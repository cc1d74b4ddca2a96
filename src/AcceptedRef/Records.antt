-- ===== src/AcceptedRef/Records.antt =====
-- Which records `validate` and `new` of rust/src/accepted_ref.rs let through, by a description of
-- the bytes that does not use the code's tests.
use mathlib.Core.Path.{subst}
use mathlib.Core.List.{cons-ne-nil}
use pkgre.Prelude.{
  ℕ, ◌≤◌, ◌<◌, ◌≡◌, ◌≢◌, ◌↔◌, ◌⊎◌, refl, ap, [], ◌∷◌, ◌++◌, Bytes, codes, length, All, Bool, true,
  not, all, any, ok, >>=-eq-ok, sym, ◌∙◌, beq_iff, beq→eq, ==_iff, arith, ltb, ◌&&◌, ◌||◌,
}
use pkgre.AcceptedRef.{
  AcceptedRef, RepositoryConfig, accepted_ref_schema, is_lower_hex, valid_hex, starts_with,
  is_ascii, is_ascii_whitespace, is_ascii_control, valid_full_ref, validate, new, validate_record,
}

-- A digit or a letter of `a` to `f`.
abbrev pub IsHexDigit : ℕ → Type 0
IsHexDigit c = (b'0' ≤ c) × (c ≤ b'9') ⊎ (b'a' ≤ c) × (c ≤ b'f')

abbrev pub IsLowerHex : ℕ → Bytes → Type 0
IsLowerHex n value = (length value ≡ n) × All IsHexDigit value

-- Printable ASCII without the space.
abbrev pub IsGraphic : ℕ → Type 0
IsGraphic c = (33 ≤ c) × (c < 127)

abbrev pub IsFullRef : Bytes → Type 0
IsFullRef value =
    (rest : Bytes) × (value ≡ codes "refs/" ++ rest) × (rest ≢ []) × All IsGraphic value

pub record IsCanonical (r : AcceptedRef) : Type 0 where
  pub schema : r.schema ≡ accepted_ref_schema
  pub commit : IsLowerHex 40 r.accepted_commit
  pub full_ref : IsFullRef r.full_ref
  pub identity : IsLowerHex 64 r.repository_identity

all_hex : (value : Bytes) → (all is_lower_hex value ≡ true) ↔ All IsHexDigit value
unfolding is_lower_hex
all_hex [] = (λ _. tt, λ _. refl)
all_hex (c ∷ value) = (
  λ h. (ground arith, (all_hex value).0 (ground arith)),
  λ h. ground (arith, (all_hex value).1 h.1),
)

pub valid_hex_iff : (value : Bytes) (n : ℕ) → (valid_hex value n ≡ true) ↔ IsLowerHex n value
unfolding valid_hex
valid_hex_iff value n = (
  λ h. (ground (arith, ==_iff (length value) n), (all_hex value).0 (ground arith)),
  λ h. ground (arith, (all_hex value).1 h.1, ==_iff (length value) n),
)

-- One byte passes the two tests of `valid_full_ref` exactly when it is graphic.
graphic_tests : Bytes → Bool
graphic_tests value =
    is_ascii value && not (any (λ byte. is_ascii_whitespace byte || is_ascii_control byte) value)

IsGraphic-iff : (value : Bytes) → (graphic_tests value ≡ true) ↔ All IsGraphic value
unfolding graphic_tests is_ascii is_ascii_whitespace is_ascii_control
IsGraphic-iff [] = (λ _. tt, λ _. refl)
IsGraphic-iff (c ∷ value) = (
  λ h. (ground arith, (IsGraphic-iff value).0 (ground arith)),
  λ h. ground (arith, (IsGraphic-iff value).1 h.1),
)

starts_with_sound :
    (prefix value : Bytes)
    → starts_with prefix value ≡ true
    → (rest : Bytes) × (value ≡ prefix ++ rest)
unfolding starts_with
starts_with_sound [] value h = (value, refl)
starts_with_sound (c ∷ prefix) [] h = ground arith
starts_with_sound (c ∷ prefix) (d ∷ value) h =
    let (rest, e) = starts_with_sound prefix value (ground arith) in
    (rest, ground (arith, e, ==_iff c d))

starts_with_complete : (prefix rest : Bytes) → starts_with prefix (prefix ++ rest) ≡ true
unfolding starts_with
starts_with_complete [] rest = refl
starts_with_complete (c ∷ prefix) rest = ground (arith, starts_with_complete prefix rest)

refs_nonempty :
    (value rest : Bytes) → ltb 5 (length value) ≡ true → value ≡ codes "refs/" ++ rest → rest ≢ []
refs_nonempty value [] h e = λ _. ground (arith, ap {B = ℕ} length e)
refs_nonempty value (c ∷ rest) h e = cons-ne-nil c rest

valid_full_ref_sound : (value : Bytes) → valid_full_ref value ≡ true → IsFullRef value
unfolding valid_full_ref graphic_tests
valid_full_ref_sound value h =
    let (rest, e) = starts_with_sound (codes "refs/") value (ground arith) in
    (rest, e, refs_nonempty value rest (ground arith) e, (IsGraphic-iff value).0 (ground arith))

refs_length : (rest : Bytes) → rest ≢ [] → ltb 5 (length (codes "refs/" ++ rest)) ≡ true
refs_length [] h = absurd (h refl)
refs_length (c ∷ rest) h = ground arith

valid_full_ref_complete : (value : Bytes) → IsFullRef value → valid_full_ref value ≡ true
unfolding valid_full_ref graphic_tests
valid_full_ref_complete value (rest, e, nonempty, graphic) = ground (
  arith,
  e,
  starts_with_complete (codes "refs/") rest,
  refs_length rest nonempty,
  (IsGraphic-iff value).1 graphic,
)

-- `validate` accepts a record exactly when it is canonical: the schema name, a commit of 40 lower
-- case hexadecimal digits, a graphic ref below `refs/`, and an identity of 64 such digits.
pub validate_iff : (r : AcceptedRef) → (validate r ≡ ok tt) ↔ IsCanonical r
unfolding validate
validate_iff r = (
  λ h. record {
    schema = beq→eq r.schema accepted_ref_schema (ground arith);
    commit = (valid_hex_iff r.accepted_commit 40).0 (ground arith);
    full_ref = valid_full_ref_sound r.full_ref (ground arith);
    identity = (valid_hex_iff r.repository_identity 64).0 (ground arith);
  },
  λ h. rw (
    (beq_iff r.schema accepted_ref_schema).1 h.schema,
    (valid_hex_iff r.accepted_commit 40).1 h.commit,
    valid_full_ref_complete r.full_ref h.full_ref,
    (valid_hex_iff r.repository_identity 64).1 h.identity,
  ),
)

abbrev pub draft : Bytes → Bytes → Bytes → AcceptedRef
draft commit full_ref identity = record {
  accepted_commit = commit;
  full_ref = full_ref;
  repository_identity = identity;
  schema = accepted_ref_schema;
}

pub new-draft :
    (commit full_ref identity : Bytes)
    → IsCanonical (draft commit full_ref identity)
    → new commit full_ref identity ≡ ok (draft commit full_ref identity)
unfolding new
new-draft commit full_ref identity h = rw ((validate_iff (draft commit full_ref identity)).1 h)

new_sound :
    (commit full_ref identity : Bytes) (r : AcceptedRef)
    → new commit full_ref identity ≡ ok r
    → IsCanonical r
      × (r.accepted_commit ≡ commit)
      × (r.full_ref ≡ full_ref)
      × (r.repository_identity ≡ identity)
unfolding new
new_sound commit full_ref identity r h =
    let d : AcceptedRef = draft commit full_ref identity in
    let (u, v, e) = >>=-eq-ok (validate d) (λ _. ok d) h in
    let same : d ≡ r = cc in
    (
      subst IsCanonical same ((validate_iff d).0 v),
      sym (ap (λ (x : AcceptedRef). x.accepted_commit) same),
      sym (ap (λ (x : AcceptedRef). x.full_ref) same),
      sym (ap (λ (x : AcceptedRef). x.repository_identity) same),
    )

-- `new` returns a record exactly when the commit, the ref and the identity are well formed; it is
-- then the canonical record of the three, and otherwise `new` returns an error.
pub new_iff :
    (commit full_ref identity : Bytes) (r : AcceptedRef)
    → (new commit full_ref identity ≡ ok r) ↔ (
        IsCanonical r
        × (r.accepted_commit ≡ commit)
        × (r.full_ref ≡ full_ref)
        × (r.repository_identity ≡ identity))
unfolding new
new_iff commit full_ref identity r = (
  new_sound commit full_ref identity r,
  λ h.
      let same : r ≡ draft commit full_ref identity = λ i. record {
        accepted_commit = h.1 i;
        full_ref = h.2 i;
        repository_identity = h.3 i;
        schema = h.0.schema i;
      } in
      new-draft commit full_ref identity (subst IsCanonical same h.0) ∙ ap ok (sym same),
)

pub record IsBound (config : RepositoryConfig) (r : AcceptedRef) : Type 0 where
  pub canonical : IsCanonical r
  pub identity : r.repository_identity ≡ config.repository_identity
  pub full_ref : r.full_ref ≡ config.full_ref

-- `validate_record` accepts exactly the canonical records that carry the configured ref and identity.
pub validate_record_iff :
    (config : RepositoryConfig) (r : AcceptedRef)
    → (validate_record config r ≡ ok tt) ↔ IsBound config r
unfolding validate_record
validate_record_iff config r = (
  λ h. record {
    canonical = (validate_iff r).0 (ground arith);
    identity = beq→eq r.repository_identity config.repository_identity (ground arith);
    full_ref = beq→eq r.full_ref config.full_ref (ground arith);
  },
  λ h. rw (
    (validate_iff r).1 h.canonical,
    (beq_iff r.repository_identity config.repository_identity).1 h.identity,
    (beq_iff r.full_ref config.full_ref).1 h.full_ref,
  ),
)
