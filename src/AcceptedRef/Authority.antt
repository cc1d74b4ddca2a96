-- ===== src/AcceptedRef/Authority.antt =====
-- What startup may serve: the laws of `evaluate_startup` of rust/src/accepted_ref.rs.
use mathlib.Core.Path.{subst}
use pkgre.Prelude.{
  ◌≡◌, ◌≢◌, ◌↔◌, ◌⊎◌, inl, inr, refl, Bytes, true, false, Option, none, some, ok, arith, ap, beq→eq,
  beq_iff, is_ok-unit, Option-cases,
}
use pkgre.AcceptedRef.{AcceptedRef, RepositoryConfig, validate, valid_hex}
use pkgre.AcceptedRef.Startup.{
  AcceptedRecordState, ObjectState, StartupInput, TransitionDecision, TransitionReason,
  TransitionOutcome, startup_absent, startup_present, startup_dispatch, startup_outcome,
  evaluate_startup,
}
use pkgre.AcceptedRef.Records.{IsLowerHex, valid_hex_iff, IsBound, validate_iff}

-- The two ways in which a commit is the authority.
pub data Authority (input : StartupInput) (config : RepositoryConfig) (commit : Bytes)
    : Type 0 where
  bootstrapped :
      input.accepted_record_state ≡ AcceptedRecordState.absent
      → input.bootstrap_object ≡ ObjectState.valid
      → IsLowerHex 40 commit
      → input.bootstrap_commit ≡ commit
      → Authority input config commit
  recorded :
      (r : AcceptedRef)
      → input.accepted_record_state ≡ AcceptedRecordState.present
      → input.accepted_record ≡ some r
      → IsBound config r
      → input.local_accepted_object ≡ ObjectState.valid
      → r.accepted_commit ≡ commit
      → Authority input config commit

-- Startup ends with `commit` as the commit to serve.
abbrev pub StartsAt : StartupInput → RepositoryConfig → Bytes → Type 0
StartsAt input config commit =
    (o : TransitionOutcome) × (evaluate_startup input config ≡ ok o)
    × (o.active_commit ≡ some commit)

absent_sound :
    (commit : Bytes) (object : ObjectState) (o : TransitionOutcome) (active : Bytes)
    → startup_absent commit object ≡ ok o
    → o.active_commit ≡ some active
    → (object ≡ ObjectState.valid) × (valid_hex commit 40 ≡ true) × (commit ≡ active)
unfolding startup_absent
absent_sound commit object o active h e = ground arith

present_sound :
    (record' : Option AcceptedRef) (object : ObjectState) (config : RepositoryConfig)
    (o : TransitionOutcome) (active : Bytes)
    → startup_present record' object config ≡ ok o
    → o.active_commit ≡ some active
    → (r : AcceptedRef) × (record' ≡ some r)
      × IsBound config r
      × (object ≡ ObjectState.valid)
      × (r.accepted_commit ≡ active)
unfolding startup_present
present_sound none object config o active h e = ground arith
present_sound (some r) object config o active h e = (
  r,
  refl,
  record {
    canonical = (validate_iff r).0 (is_ok-unit (validate r) (ground arith));
    identity = beq→eq r.repository_identity config.repository_identity (ground arith);
    full_ref = beq→eq r.full_ref config.full_ref (ground arith);
  },
  ground arith,
  ground arith,
)

present_complete :
    (r : AcceptedRef) (config : RepositoryConfig)
    → IsBound config r
    → startup_present (some r) ObjectState.valid config
      ≡ ok (
          startup_outcome TransitionDecision.start_accepted
            TransitionReason.accepted_record_authority
            (some r.accepted_commit)
            (some r.accepted_commit)
            false)
unfolding startup_present
present_complete r config b = rw (
  (validate_iff r).1 b.canonical,
  (beq_iff r.repository_identity config.repository_identity).1 b.identity,
  (beq_iff r.full_ref config.full_ref).1 b.full_ref,
)

Authority-sound :
    (state : AcceptedRecordState) (input : StartupInput) (config : RepositoryConfig)
    (o : TransitionOutcome) (commit : Bytes)
    → input.accepted_record_state ≡ state
    → startup_dispatch state input config ≡ ok o
    → o.active_commit ≡ some commit
    → Authority input config commit
unfolding startup_dispatch
Authority-sound AcceptedRecordState.absent input config o commit at h e =
    let (valid, hex, same) =
      absent_sound input.bootstrap_commit input.bootstrap_object o commit h e in
    bootstrapped at valid
      (subst (IsLowerHex 40) same ((valid_hex_iff input.bootstrap_commit 40).0 hex)) same
Authority-sound AcceptedRecordState.malformed input config o commit at h e = ground arith
Authority-sound AcceptedRecordState.present input config o commit at h e =
    let (r, given, bound, valid, same) =
      present_sound input.accepted_record input.local_accepted_object config o commit h e in
    recorded r at given bound valid same

Authority-complete :
    (input : StartupInput) (config : RepositoryConfig) (commit : Bytes)
    → Authority input config commit
    → StartsAt input config commit
unfolding evaluate_startup
Authority-complete input config commit (bootstrapped at valid hex same) = (
  startup_outcome TransitionDecision.bootstrap TransitionReason.accepted_record_absent
      (some input.bootstrap_commit) (some input.bootstrap_commit) true,
  rw (at, valid, same, (valid_hex_iff commit 40).1 hex),
  ap some same,
)
Authority-complete input config commit (recorded r at given bound valid same) = (
  startup_outcome TransitionDecision.start_accepted TransitionReason.accepted_record_authority
      (some r.accepted_commit) (some r.accepted_commit) false,
  rw (at, given, valid, present_complete r config bound),
  ap some same,
)

-- Startup ends with a commit to serve exactly in two cases: no record exists, and the commit is the
-- configured bootstrap commit, well formed and present as a commit object; or a canonical record
-- that is bound to the configuration names the commit, and its object is valid.
pub StartsAt-iff :
    (input : StartupInput) (config : RepositoryConfig) (commit : Bytes)
    → StartsAt input config commit ↔ Authority input config commit
unfolding evaluate_startup
StartsAt-iff input config commit = (
  λ s. Authority-sound input.accepted_record_state input config s.0 commit refl s.1 s.2,
  Authority-complete input config commit,
)

-- What an outcome of startup says about itself.
pub record IsCoherent (o : TransitionOutcome) : Type 0 where
  pub persists_on_bootstrap : o.decision ≡ TransitionDecision.bootstrap → o.persist_record ≡ true
  pub persists_only : o.persist_record ≡ true → o.decision ≡ TransitionDecision.bootstrap
  pub fails_inactive : o.decision ≡ TransitionDecision.fail_startup → o.active_commit ≡ none
  pub inactive_fails : o.active_commit ≡ none → o.decision ≡ TransitionDecision.fail_startup
  pub starts :
      (o.decision ≡ TransitionDecision.bootstrap)
      ⊎ (o.decision ≡ TransitionDecision.start_accepted)
      ⊎ (o.decision ≡ TransitionDecision.fail_startup)
  pub serves_accepted :
      (commit : Bytes) → o.active_commit ≡ some commit → o.accepted_commit ≡ some commit

dispatch-IsCoherent :
    (state : AcceptedRecordState) (input : StartupInput) (config : RepositoryConfig)
    (o : TransitionOutcome)
    → startup_dispatch state input config ≡ ok o
    → IsCoherent o
unfolding startup_dispatch
dispatch-IsCoherent state input config o h = record {
  persists_on_bootstrap = ground arith;
  persists_only = ground arith;
  fails_inactive = ground arith;
  inactive_fails = ground arith;
  starts = ground arith;
  serves_accepted = λ commit e. ground arith;
}

-- An outcome of startup is a bootstrap, a start from the record, or a failure. It asks for the record
-- to be written exactly on a bootstrap, it has no active commit exactly on a failure, and a commit
-- that becomes active is also the accepted one.
pub startup-IsCoherent :
    (input : StartupInput) (config : RepositoryConfig) (o : TransitionOutcome)
    → evaluate_startup input config ≡ ok o
    → IsCoherent o
unfolding evaluate_startup
startup-IsCoherent input config o h =
    dispatch-IsCoherent input.accepted_record_state input config o h

absent_decides :
    (commit : Bytes) (object : ObjectState) (o : TransitionOutcome)
    → startup_absent commit object ≡ ok o
    → o.decision ≢ TransitionDecision.start_accepted
unfolding startup_absent
absent_decides commit object o h = λ d. ground arith

present_decides :
    (record' : Option AcceptedRef) (object : ObjectState) (config : RepositoryConfig)
    (o : TransitionOutcome)
    → startup_present record' object config ≡ ok o
    → o.decision ≢ TransitionDecision.bootstrap
unfolding startup_present
present_decides none object config o h = λ d. ground arith
present_decides (some r) object config o h = λ d. ground arith

dispatch_bootstrap :
    (state : AcceptedRecordState) (input : StartupInput) (config : RepositoryConfig)
    (o : TransitionOutcome)
    → startup_dispatch state input config ≡ ok o
    → o.decision ≡ TransitionDecision.bootstrap
    → (state ≡ AcceptedRecordState.absent)
      × IsLowerHex 40 input.bootstrap_commit
      × (o.active_commit ≡ some input.bootstrap_commit)
unfolding startup_dispatch
dispatch_bootstrap AcceptedRecordState.absent input config o h d =
    (refl, (valid_hex_iff input.bootstrap_commit 40).0 (ground arith), ground arith)
dispatch_bootstrap AcceptedRecordState.malformed input config o h d = absurd (ground arith)
dispatch_bootstrap AcceptedRecordState.present input config o h d =
    absurd (present_decides input.accepted_record input.local_accepted_object config o h d)

-- A bootstrap happens only without a record.
pub bootstrap_sound :
    (input : StartupInput) (config : RepositoryConfig) (o : TransitionOutcome)
    → evaluate_startup input config ≡ ok o
    → o.decision ≡ TransitionDecision.bootstrap
    → (input.accepted_record_state ≡ AcceptedRecordState.absent)
      × IsLowerHex 40 input.bootstrap_commit
      × (o.active_commit ≡ some input.bootstrap_commit)
unfolding evaluate_startup
bootstrap_sound input config o h d =
    dispatch_bootstrap input.accepted_record_state input config o h d

dispatch_accepted :
    (state : AcceptedRecordState) (input : StartupInput) (config : RepositoryConfig)
    (o : TransitionOutcome)
    → startup_dispatch state input config ≡ ok o
    → o.decision ≡ TransitionDecision.start_accepted
    → (r : AcceptedRef) × (state ≡ AcceptedRecordState.present)
      × (input.accepted_record ≡ some r)
      × IsBound config r
unfolding startup_dispatch
dispatch_accepted AcceptedRecordState.absent input config o h d =
    absurd (absent_decides input.bootstrap_commit input.bootstrap_object o h d)
dispatch_accepted AcceptedRecordState.malformed input config o h d = absurd (ground arith)
dispatch_accepted AcceptedRecordState.present input config o h d =
    elim (Option-cases o.active_commit) [
      | inl inactive ↦
          let c = dispatch-IsCoherent AcceptedRecordState.present input config o h in
          absurd (ground (arith, c.inactive_fails inactive))
      | inr (commit, active) ↦
          let (r, given, bound, _, _) =
            present_sound input.accepted_record input.local_accepted_object config o commit h
              active in
          (r, refl, given, bound)
    ]

-- A start from the record has a canonical record that is bound to the configuration.
pub start_accepted_sound :
    (input : StartupInput) (config : RepositoryConfig) (o : TransitionOutcome)
    → evaluate_startup input config ≡ ok o
    → o.decision ≡ TransitionDecision.start_accepted
    → (r : AcceptedRef) × (input.accepted_record_state ≡ AcceptedRecordState.present)
      × (input.accepted_record ≡ some r)
      × IsBound config r
unfolding evaluate_startup
start_accepted_sound input config o h d =
    dispatch_accepted input.accepted_record_state input config o h d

» **PROBLEM REQUIREMENTS**:
Check each line of the entries above for the word "where". List the ones that have it.

» **PROBLEM SOLUTION**:
pub record IsCanonical (r : AcceptedRef) : Type 0 where
pub record IsBound (config : RepositoryConfig) (r : AcceptedRef) : Type 0 where
    : Type 0 where
pub record IsCoherent (o : TransitionOutcome) : Type 0 where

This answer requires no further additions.